▶ **WHAT YOU ARE ASKED TO DO**
Look through the listing below and report the lines that have the word "record" in them.

----------

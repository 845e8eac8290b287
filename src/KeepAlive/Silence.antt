-- ===== src/KeepAlive/Silence.antt =====
-- A client that sends no heartbeat any more, through the rounds of its timer.
use jira_game.Base.{
  ==_refl, Bool, Bool-cases, Option, Option-cases, ap, arith, count, false, inl, inr, lookup, ltb,
  map_some, none, not, refl, some, some_inj, true, ℕ, ◌&&◌, ◌+◌, ◌<◌, ◌>>=◌, ◌∙◌, ◌≡◌,
}
use jira_game.World.{World, on_cache}
use jira_game.Cache.{Cache, Entity, find_entity_room, get_entity, modify_entity}
use jira_game.Cache.Laws.{get_entity-modify_entity}
use jira_game.Proto.{CurScene, PlayerInfo}
use jira_game.JiraEvent.Laws.{send_all-cache, send_all-heap, send_msg-cache, send_msg-heap}
use jira_game.KeepAlive.{
  answer, is_main_scene, is_wait_room, miss_few, miss_many, notify_break_line, set_broken,
  timer_func,
}

abbrev pub count_of : Option Entity → Option ℕ
count_of none = none
count_of (some e) = some e.send_msg_count

-- How many heartbeats of a client are missing, if it has an entity.
abbrev pub missing : ℕ → Cache → Option ℕ
missing s c = count_of (get_entity s c)

-- The info at an address is the one of a socket, in a scene, and n heartbeats are missing.
pub record Watched (a s : ℕ) (scene : CurScene) (n : ℕ) (w : World) : Type 0 where
  pub info : lookup a w.heap ≡ some (record { client_socket = s; cur_scene = scene })
  pub counted : missing s w.cache ≡ some n

missing-modify :
    (s n k : ℕ) (f : Entity → Entity) (c : Cache)
    → ((e : Entity) → e.send_msg_count ≡ n → (f e).send_msg_count ≡ k)
    → missing s c ≡ some n
    → missing s (modify_entity s f c) ≡ some k
missing-modify s n k f c step h =
    ap count_of (get_entity-modify_entity s s f c ∙ rw (==_refl s) refl)
    ∙ of_entity (get_entity s c) h
  where
    of_entity : (o : Option Entity) → count_of o ≡ some n → count_of (map_some f o) ≡ some k
    of_entity none e = absurd (cc e)
    of_entity (some e') e = ap some (step e' (some_inj e))

pub entity_of_missing :
    (s n : ℕ) (c : Cache)
    → missing s c ≡ some n
    → (e : Entity) × (get_entity s c ≡ some e) × (e.send_msg_count ≡ n)
entity_of_missing s n c h = elim (Option-cases (get_entity s c)) [
  | inl gone ↦ let no : none ≡ some n = rw gone at h in absurd (cc no)
  | inr (e, found) ↦
      let k : some e.send_msg_count ≡ some n = rw found at h in (e, found, some_inj k)
]

-- Two worlds that agree on the heap, where the second has the first's cache changed by one entity.
carry :
    (a s n k : ℕ) (scene : CurScene) (f : Entity → Entity) (w w' : World)
    → ((e : Entity) → e.send_msg_count ≡ n → (f e).send_msg_count ≡ k)
    → w'.heap ≡ w.heap
    → w'.cache ≡ modify_entity s f w.cache
    → Watched a s scene n w
    → Watched a s scene k w'
carry a s n k scene f w w' step heap cache h = record {
  info = ap (lookup a) heap ∙ h.info;
  counted = ap (missing s) cache ∙ missing-modify s n k f w.cache step h.counted;
}

abbrev pub one_more : Entity → Entity
one_more e = record e { send_msg_count = e.send_msg_count + 1 }

pub answer-keeps :
    (s : ℕ) (scene : CurScene) (w : World)
    → ((answer s scene w).heap ≡ w.heap)
      × ((answer s scene w).cache ≡ modify_entity s one_more w.cache)
unfolding answer
answer-keeps s scene w = elim (Bool-cases (is_wait_room scene)) [
  | inl hall ↦ rw hall (send_msg-heap s _ w, ap (modify_entity s one_more) (send_msg-cache s _ w))
  | inr elsewhere ↦ elim (Bool-cases (is_main_scene scene)) [
    | inl game ↦
        rw (elsewhere, game)
          (send_msg-heap s _ w, ap (modify_entity s one_more) (send_msg-cache s _ w))
    | inr neither ↦ rw (elsewhere, neither) (refl, refl)
  ]
]

pub notify-keeps :
    (s : ℕ) (me : PlayerInfo) (w : World)
    → ((notify_break_line s me w).heap ≡ w.heap) × ((notify_break_line s me w).cache ≡ w.cache)
unfolding notify_break_line
notify-keeps s me w = elim (Option-cases (find_entity_room me.room_id w.cache)) [
  | inl gone ↦ rw (gone, notify_break_line) (refl, refl)
  | inr (room, found) ↦ rw (found, notify_break_line) (send_all-heap _ _ w, send_all-cache _ _ w)
]

answered :
    (a s n : ℕ) (scene : CurScene) (w : World)
    → Watched a s scene n w
    → Watched a s scene (n + 1) (answer s scene w)
answered a s n scene w h =
    carry a s n (n + 1) scene one_more w (answer s scene w) (λ e k. ap (λ m. m + 1) k)
      (answer-keeps s scene w).0 (answer-keeps s scene w).1 h

missed_many :
    (a s n : ℕ) (scene : CurScene) (e : Entity) (w : World)
    → Watched a s scene n w
    → Watched a s scene n (miss_many s scene e w)
unfolding miss_many
missed_many a s n scene e w h = elim (Bool-cases (e.is_broken && is_main_scene scene)) [
  | inl tell ↦ rw tell (
      carry a s n n scene (set_broken false) w _ (λ e k. k) (notify-keeps s e.role_info w).0
        (ap (modify_entity s (set_broken false)) (notify-keeps s e.role_info w).1) h)
  | inr quiet ↦ rw quiet (carry a s n n scene (set_broken false) w _ (λ e k. k) refl refl h)
]

-- Outside the hall nobody is taken out of a room.
missed_few :
    (a s n : ℕ) (scene : CurScene) (e : Entity) (w : World)
    → is_wait_room scene ≡ false
    → Watched a s scene n w
    → (w' : World) × (miss_few s scene e w ≡ some w') × Watched a s scene n w'
unfolding miss_few
missed_few a s n scene e w out h = (
  on_cache (modify_entity s (set_broken true)) w,
  rw (out, and_false (not e.is_broken)) refl,
  carry a s n n scene (set_broken true) w _ (λ e k. k) refl refl h,
)
  where
    and_false : (b : Bool) → (b && false) ≡ false
    and_false true = refl
    and_false false = refl

pub one_round :
    (a s n : ℕ) (scene : CurScene) (w : World)
    → n < 30
    → is_wait_room scene ≡ false
    → Watched a s scene n w
    → (w' : World) × (timer_func a w ≡ some w') × Watched a s scene (n + 1) w'
unfolding timer_func
one_round a s n scene w low out h =
    let (e, found, count) = entity_of_missing s n w.cache h.counted in
    elim (Bool-cases (ltb n 3)) [
      | inl fresh ↦
          (answer s scene w, rw (h.info, ◌>>=◌, found, count, fresh) refl, answered a s n scene w h)
      | inr stale ↦ elim (Bool-cases (ltb n 10)) [
        | inl few ↦
            let (w', run, k) = missed_few a s n scene e w out h in
            (
              answer s scene w',
              rw (h.info, ◌>>=◌, found, count, stale, few, run) refl,
              answered a s n scene w' k,
            )
        | inr more ↦ (
          answer s scene (miss_many s scene e w),
          rw (h.info, ◌>>=◌, found, count, stale, more, below) refl,
          answered a s n scene _ (missed_many a s n scene e w h),
        )
      ]
    ]
  where
    below : ltb n 30 ≡ true
    below = ground arith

----------

▶ **SOLUTION FOR THIS TASK**
pub record Watched (a s : ℕ) (scene : CurScene) (n : ℕ) (w : World) : Type 0 where
  pub info : lookup a w.heap ≡ some (record { client_socket = s; cur_scene = scene })
carry a s n k scene f w w' step heap cache h = record {
one_more e = record e { send_msg_count = e.send_msg_count + 1 }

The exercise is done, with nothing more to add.